Die Jagdschulen sind aufgefordert, entsprechend tragfähige Konzepte auszuarbeiten. Dies betrifft die Jagdschulen in den Jägerschaften wie auch die privatwirtschaftlichen Jagdschulen im Land.

Es bleibt also festzuhalten, dass die Betreiber der sächsischen Jagdschulen mit ihren Konzepten auf die obere Jagdbehörde zugehen und Druck machen müssen. Dies kann der Landesjagdverband für die Gesamtheit der Jagdschulen mit den unterschiedlichen Betreibern und Schulungskonzepten nicht leisten.
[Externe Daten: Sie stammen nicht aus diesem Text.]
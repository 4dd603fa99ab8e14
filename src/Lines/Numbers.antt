-- ===== src/Lines/Numbers.antt =====
-- The readers of numbers of src/parsers/base/safe_parsing.hpp, over `std::stoi` and `std::stol`.
use duck_hunt.Prelude.{
  ℕ, zero, suc, ◌+◌, ◌-◌, ◌*◌, ◌^◌, ◌==◌, leb, ltb, Bool, true, false, ◌&&◌, ◌||◌, Option, none,
  some, [], ◌∷◌, Text, is_empty, is_digit, drop_while, if◌then◌else◌,
}
use duck_hunt.Prelude.Int.{ℤ, pos, negsuc}

-- `isspace` in the "C" locale.
abbrev pub is_white : ℕ → Bool
is_white c = c == 32 || leb 9 c && leb c 13

-- The digits at the start of a text, behind a number.
abbrev pub digits : ℕ → Text → ℕ
digits n [] = n
digits n (c ∷ s) = let more = digits (n * 10 + (c - b'0')) s in if is_digit c then more else n

abbrev pub starts_with_digit : Text → Bool
starts_with_digit [] = false
starts_with_digit (c ∷ s) = is_digit c

abbrev pub minus : ℕ → ℤ
minus zero = pos 0
minus (suc n) = negsuc n

-- A number that a signed type of `2 * limit` values holds.
abbrev pub non_negative : ℕ → ℕ → Option ℤ
non_negative limit n = if ltb n limit then some (pos n) else none

abbrev pub negative : ℕ → ℕ → Option ℤ
negative limit n = if leb n limit then some (minus n) else none

abbrev pub unsigned : ℕ → Text → (ℕ → Option ℤ) → Option ℤ
unsigned limit s result = if starts_with_digit s then result (digits 0 s) else none

abbrev pub signed : ℕ → Text → Option ℤ
signed limit [] = none
signed limit (c ∷ s) =
    if c == b'-'
    then unsigned limit s (negative limit)
    else if c == b'+'
    then unsigned limit s (non_negative limit)
    else unsigned limit (c ∷ s) (non_negative limit)

-- `std::stoi` and `std::stol`: white space, a sign and digits; `none` is an exception.
unfoldable pub stoi : Text → Option ℤ
stoi s = signed (2 ^ 31) (drop_while is_white s)

unfoldable pub stol : Text → Option ℤ
stol s = signed (2 ^ 63) (drop_while is_white s)

abbrev pub or_default : ℤ → Option ℤ → ℤ
or_default default none = default
or_default default (some n) = n

unfoldable pub safe_stoi : Text → ℤ → ℤ
safe_stoi str default_value =
    if is_empty str then default_value else or_default default_value (stoi str)

unfoldable pub safe_stol : Text → ℤ → ℤ
safe_stol str default_value =
    if is_empty str then default_value else or_default default_value (stol str)

abbrev pub if_parsed : ℤ → Option ℤ → Bool × ℤ
if_parsed result none = (false, result)
if_parsed result (some n) = (true, n)

-- The success, and what the result then holds.
unfoldable pub try_stoi : Text → ℤ → Bool × ℤ
try_stoi str result = if is_empty str then (false, result) else if_parsed result (stoi str)

unfoldable pub try_stol : Text → ℤ → Bool × ℤ
try_stol str result = if is_empty str then (false, result) else if_parsed result (stol str)
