-- ===== src/Order/Item/Bounds.antt =====
-- What `OrderItem.create` accepts.
use food_delivery_api.Common.{◌*◌, ◌≤◌, ◌<◌, ◌≡◌, ok, arith}
use food_delivery_api.Common.Int.{pos}
use food_delivery_api.Common.Number.{int}
use food_delivery_api.Order.Item.{OrderItem, CreateOrderItemProps, create, max_money_cents}

-- The invariant of a line: a positive quantity, and a total that is their product and in range.
pub record IsLine (i : OrderItem) : Type 0 where
  pub positive : 0 < i.qty
  pub product : i.line_total_cents ≡ i.qty * i.unit_price_cents
  pub bounded : i.line_total_cents ≤ max_money_cents

-- An item that `create` returns has the id, the quantity and the unit price it was asked for, a
-- positive quantity, and the exact product of the two as a total of at most `max_money_cents`.
pub create-IsLine :
    (props : CreateOrderItemProps) (i : OrderItem)
    → create props ≡ ok i
    → IsLine i
      × (i.item_id ≡ props.item_id)
      × (props.qty ≡ int (pos i.qty))
      × (props.unit_price_cents ≡ int (pos i.unit_price_cents))
unfolding create
create-IsLine props i h = ground arith
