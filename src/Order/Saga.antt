-- ===== src/Order/Saga.antt =====
-- The saga aggregate and the selection of stranded sagas: apps/order/src/domain/saga/order-saga.ts
-- and stranded-saga-sweep.ts.
pub mod Machine
use food_delivery_api.Common.{
  ℕ, ◌+◌, ◌&&◌, not, Bool, List, Option, none, some, Result, ok, any, keep, ltb, ◌==◌, length,
}
use food_delivery_api.Common.Throws.{◌>>=◌, ◌>>◌, throw_if}
use food_delivery_api.Order.SagaState.{
  SagaState, allowed_transitions, non_terminal_states, state_eq,
}
use food_delivery_api.Order.Errors.{OrderError, illegal_saga_transition}

pub record OrderSaga : Type 0 where
  pub order_id : ℕ
  pub tenant_id : ℕ
  pub state : SagaState
  pub correlation_id : Option ℕ
  pub last_event_id : Option ℕ
  pub version : ℕ
  pub attempts : ℕ
  pub created_at : ℕ
  pub updated_at : ℕ

pub record StartOrderSagaProps : Type 0 where
  pub order_id : ℕ
  pub tenant_id : ℕ
  pub correlation_id : Option ℕ

unfoldable pub start : StartOrderSagaProps → ℕ → OrderSaga
start props now = record {
  order_id = props.order_id;
  tenant_id = props.tenant_id;
  state = SagaState.started;
  correlation_id = props.correlation_id;
  last_event_id = none;
  version = 0;
  attempts = 0;
  created_at = now;
  updated_at = now;
}

unfoldable pub is_terminal : OrderSaga → Bool
unfolding allowed_transitions
is_terminal saga = length (allowed_transitions saga.state) == 0

unfoldable pub can_transition_to : OrderSaga → SagaState → Bool
unfolding allowed_transitions
can_transition_to saga next = any (state_eq next) (allowed_transitions saga.state)

unfoldable pub transition : OrderSaga → SagaState → ℕ → ℕ → Result OrderError OrderSaga
transition saga next driving_event_id now = do
  throw_if (not (can_transition_to saga next)) (illegal_saga_transition saga.state next)
  ok (record saga { state = next; last_event_id = some driving_event_id; updated_at = now })

pub record StrandedSagaCandidate : Type 0 where
  pub order_id : ℕ
  pub tenant_id : ℕ
  pub state : SagaState
  pub updated_at : ℕ

-- `candidate.updatedAt.getTime() < now.getTime() - timeoutMs`, with the timeout moved to the other
-- side, since the difference of two natural numbers stops at 0.
unfoldable pub is_stranded : ℕ → ℕ → StrandedSagaCandidate → Bool
unfolding non_terminal_states
is_stranded now timeout_ms candidate =
    any (state_eq candidate.state) non_terminal_states
    && ltb (candidate.updated_at + timeout_ms) now

unfoldable pub select_stranded_sagas :
    List StrandedSagaCandidate → ℕ → ℕ → List StrandedSagaCandidate
select_stranded_sagas candidates now timeout_ms = keep (is_stranded now timeout_ms) candidates
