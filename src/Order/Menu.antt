-- ===== src/Order/Menu.antt =====
-- From a command to the order that is to be stored, before anything is written:
-- apps/order/src/application/order/commands/place-order.handler.ts, its checks, `buildOrderItems`
-- and the call of `Order.create`.
use food_delivery_api.Common.{
  ℕ, ◌||◌, not, Bool, true, false, List, [], ◌∷◌, Option, none, some, Result, ok, err, map, length,
  ltb, ◌==◌, if◌then◌else◌, any,
}
use food_delivery_api.Common.Int.{pos}
use food_delivery_api.Common.Number.{Number, is_integer, at_most}
use food_delivery_api.Common.Throws.{◌>>=◌, ◌>>◌, throw_if}
use food_delivery_api.Order.Errors.{
  OrderError, no_items, several_restaurants, item_quantity, menu_item_not_found,
  menu_item_not_available, invalid_order_request, menu_validation,
}
use food_delivery_api.Order.Item.{OrderItem}
use food_delivery_api.Order.Item
use food_delivery_api.Order.Aggregate.{Order, OrderPricingInput}
use food_delivery_api.Order.Aggregate

pub record PlaceOrderItemInput : Type 0 where
  pub item_id : ℕ
  pub qty : Number

pub record PlaceOrderCommand : Type 0 where
  pub tenant_id : ℕ
  pub user_id : ℕ
  pub idempotency_key : ℕ
  pub items : List PlaceOrderItemInput

-- `MenuItemSnapshot` of apps/order/src/domain/shared/catalog-gateway.port.ts.
pub record MenuItemSnapshot : Type 0 where
  pub item_id : ℕ
  pub restaurant_id : Option ℕ
  pub price_cents : Number
  pub is_available : Bool

-- What the handler asks outside the service: the catalog's answer for a list of item ids, and the
-- pricing settings of a tenant with their defaults applied.
pub record Gateways : Type 0 where
  pub validate_items : ℕ → List ℕ → Result OrderError (List MenuItemSnapshot)
  pub resolve_pricing : ℕ → OrderPricingInput

unfoldable pub assert_valid_quantities : List PlaceOrderItemInput → Result OrderError (Unit {0})
assert_valid_quantities [] = ok tt
assert_valid_quantities (item ∷ items) = do
  throw_if (not (is_integer item.qty) || at_most item.qty (pos 0))
      (invalid_order_request (item_quantity item.item_id))
  assert_valid_quantities items

unfoldable pub assert_valid_command : PlaceOrderCommand → Result OrderError (Unit {0})
unfolding assert_valid_quantities
assert_valid_command command = do
  throw_if (length command.items == 0) (invalid_order_request no_items)
  assert_valid_quantities command.items

-- `[...new Set(xs)]`: the distinct values in the order of their first occurrence; `seen` are those
-- met so far.
unfoldable pub distinct_from {ℓ} : {A : Type ℓ} → (A → A → Bool) → List A → List A → List A
distinct_from eq seen [] = []
distinct_from eq seen (x ∷ xs) = elim (any (eq x) seen) [
  | true ↦ distinct_from eq seen xs
  | false ↦ x ∷ distinct_from eq (x ∷ seen) xs
]

-- `===` on restaurant ids, where the empty one is `none`.
abbrev restaurant_eq : Option ℕ → Option ℕ → Bool
restaurant_eq none none = true
restaurant_eq (some a) (some b) = a == b
restaurant_eq _ _ = false

-- `menuByItemId.get(id)`: of several entries with one id a `Map` keeps the last.
unfoldable pub menu_item : List MenuItemSnapshot → ℕ → Option MenuItemSnapshot
menu_item [] id = none
menu_item (m ∷ menu) id = elim (menu_item menu id) [
  | some later ↦ some later
  | none ↦ if m.item_id == id then some m else none
]

-- One round of `command.items.map(…)`.
unfoldable pub resolve_item :
    List MenuItemSnapshot → PlaceOrderItemInput → Result OrderError (Option ℕ × OrderItem)
resolve_item menu item = elim (menu_item menu item.item_id) [
  | none ↦ err (menu_validation (menu_item_not_found item.item_id))
  | some m ↦ do
    throw_if (not m.is_available) (menu_validation (menu_item_not_available item.item_id))
    line ←
        Item.create
          (record { item_id = item.item_id; qty = item.qty; unit_price_cents = m.price_cents })
    ok (m.restaurant_id, line)
]

unfoldable pub resolve_items :
    List MenuItemSnapshot
    → List PlaceOrderItemInput
    → Result OrderError (List (Option ℕ × OrderItem))
unfolding resolve_item
resolve_items menu [] = ok []
resolve_items menu (item ∷ items) = do
  entry ← resolve_item menu item
  entries ← resolve_items menu items
  ok (entry ∷ entries)

pub record BuiltItems : Type 0 where
  pub items : List OrderItem
  pub restaurant_id : Option ℕ

-- `distinctRestaurantIds[0]`
unfoldable pub first_restaurant : List (Option ℕ) → Option ℕ
first_restaurant [] = none
first_restaurant (r ∷ rs) = r

-- `buildOrderItems` behind the catalog's answer.
unfoldable pub build_from_menu :
    List MenuItemSnapshot → List PlaceOrderItemInput → Result OrderError BuiltItems
unfolding resolve_items distinct_from first_restaurant
build_from_menu menu items = do
  resolved ← resolve_items menu items
  let restaurants = distinct_from restaurant_eq [] (map (λ e. e.0) resolved)
  throw_if (ltb 1 (length restaurants)) (invalid_order_request several_restaurants)
  ok (record { items = map (λ e. e.1) resolved; restaurant_id = first_restaurant restaurants })

unfoldable pub build_order_items : Gateways → PlaceOrderCommand → Result OrderError BuiltItems
unfolding distinct_from build_from_menu
build_order_items gateways command = do
  let ids = distinct_from (λ a b. a == b) [] (map (λ i. i.item_id) command.items)
  menu ← gateways.validate_items command.tenant_id ids
  build_from_menu menu command.items

-- From the command to the order that is to be stored, before anything is written.
unfoldable pub pending_order : Gateways → PlaceOrderCommand → ℕ → ℕ → Result OrderError Order
unfolding build_order_items
pending_order gateways command order_id now = do
  built ← build_order_items gateways command
  Aggregate.create
      (record {
        id = order_id;
        tenant_id = command.tenant_id;
        user_id = command.user_id;
        restaurant_id = built.restaurant_id;
        items = built.items;
        pricing = gateways.resolve_pricing command.tenant_id;
      })
      now
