-- ===== src/Order/Place.antt =====
-- Placing an order: `PlaceOrderHandler.execute` of
-- apps/order/src/application/order/commands/place-order.handler.ts. The fresh UUIDs are arguments,
-- and so is what other requests write between the lookup of the key and the transaction. The
-- metric of a placed order and the log line are left out.
pub mod Again
pub mod Claim
pub mod Failure
pub mod New
use food_delivery_api.Common.{
  ℕ, Bool, true, false, Option, none, some, Action, ◌>>=◌, ◌>>◌, pure, throw, lift, or_throw, catch,
  modify, run_in_transaction, if◌then◌else◌,
}
use food_delivery_api.Order.Errors.{
  OrderError, being_created, idempotency_conflict, unique_violation,
}
use food_delivery_api.Order.Aggregate.{Order}
use food_delivery_api.Order.Saga.{start}
use food_delivery_api.Order.Commands.{reserve_stock_command, reserve_items}
use food_delivery_api.Order.Store.{
  OrderDb, OrderAction, find_by_id, find_order_id, save_key, insert_order, insert_saga, append,
}
use food_delivery_api.Order.Menu.{PlaceOrderCommand, Gateways, assert_valid_command, pending_order}

pub record Outside : Type 0 where
  pub gateways : Gateways
  pub order_id : ℕ
  pub correlation_id : ℕ
  pub meanwhile : OrderDb → OrderDb

-- `isUniqueViolation`
unfoldable pub is_unique_violation : OrderError → Bool
is_unique_violation unique_violation = true
is_unique_violation _ = false

unfoldable pub load_existing : ℕ → ℕ → OrderAction Order
unfolding find_by_id
load_existing tenant_id order_id = do
  order ← find_by_id tenant_id order_id
  or_throw order (idempotency_conflict being_created)

abbrev or_being_created : ℕ → Option ℕ → OrderAction Order
unfolding load_existing
or_being_created tenant_id none = throw (idempotency_conflict being_created)
or_being_created tenant_id (some order_id) = load_existing tenant_id order_id

unfoldable pub resolve_concurrent_claim : PlaceOrderCommand → OrderAction Order
unfolding find_order_id load_existing
resolve_concurrent_claim command = do
  winner ← find_order_id command.tenant_id command.user_id command.idempotency_key
  or_being_created command.tenant_id winner

-- The work of the transaction.
unfoldable pub claim_and_insert : Outside → PlaceOrderCommand → Order → ℕ → OrderAction Order
unfolding save_key insert_order insert_saga start append reserve_stock_command
claim_and_insert outside command pending now = do
  save_key command.tenant_id command.user_id command.idempotency_key outside.order_id
  inserted ← insert_order pending now
  insert_saga
      (start
        (record {
          order_id = outside.order_id;
          tenant_id = command.tenant_id;
          correlation_id = some outside.correlation_id;
        })
        now)
      now
  append command.tenant_id
      (reserve_stock_command outside.order_id (reserve_items inserted.items) outside.correlation_id)
  pure inserted

unfoldable pub store_order : Outside → PlaceOrderCommand → Order → ℕ → OrderAction Order
unfolding claim_and_insert resolve_concurrent_claim is_unique_violation
store_order outside command pending now =
    catch (run_in_transaction (claim_and_insert outside command pending now))
      λ error. if is_unique_violation error then resolve_concurrent_claim command else throw error

unfoldable pub place_new : Outside → PlaceOrderCommand → ℕ → OrderAction Order
unfolding store_order
place_new outside command now = do
  pending ← lift (pending_order outside.gateways command outside.order_id now)
  modify outside.meanwhile
  store_order outside command pending now

abbrev replay_or_place : Outside → PlaceOrderCommand → ℕ → Option ℕ → OrderAction Order
unfolding load_existing place_new
replay_or_place outside command now none = place_new outside command now
replay_or_place outside command now (some order_id) = load_existing command.tenant_id order_id

unfoldable pub place_order : Outside → PlaceOrderCommand → ℕ → OrderAction Order
unfolding find_order_id load_existing place_new
place_order outside command now = do
  lift (assert_valid_command command)
  existing ← find_order_id command.tenant_id command.user_id command.idempotency_key
  replay_or_place outside command now existing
Weiterhin weisen wir in diesem Zusammenhang darauf hin,  dass die Jagd auch ab einer Inzidenz von größer 100 nach der aktuell geltenden Corona-Schutzverordnung im Rahmen der anerkannten Systemrelevanz möglich ist.

Wir würden uns freuen, wenn die Jagdschulen uns in ihre Korrespondenz mit den Aufsichtsbehörden einbinden könnten.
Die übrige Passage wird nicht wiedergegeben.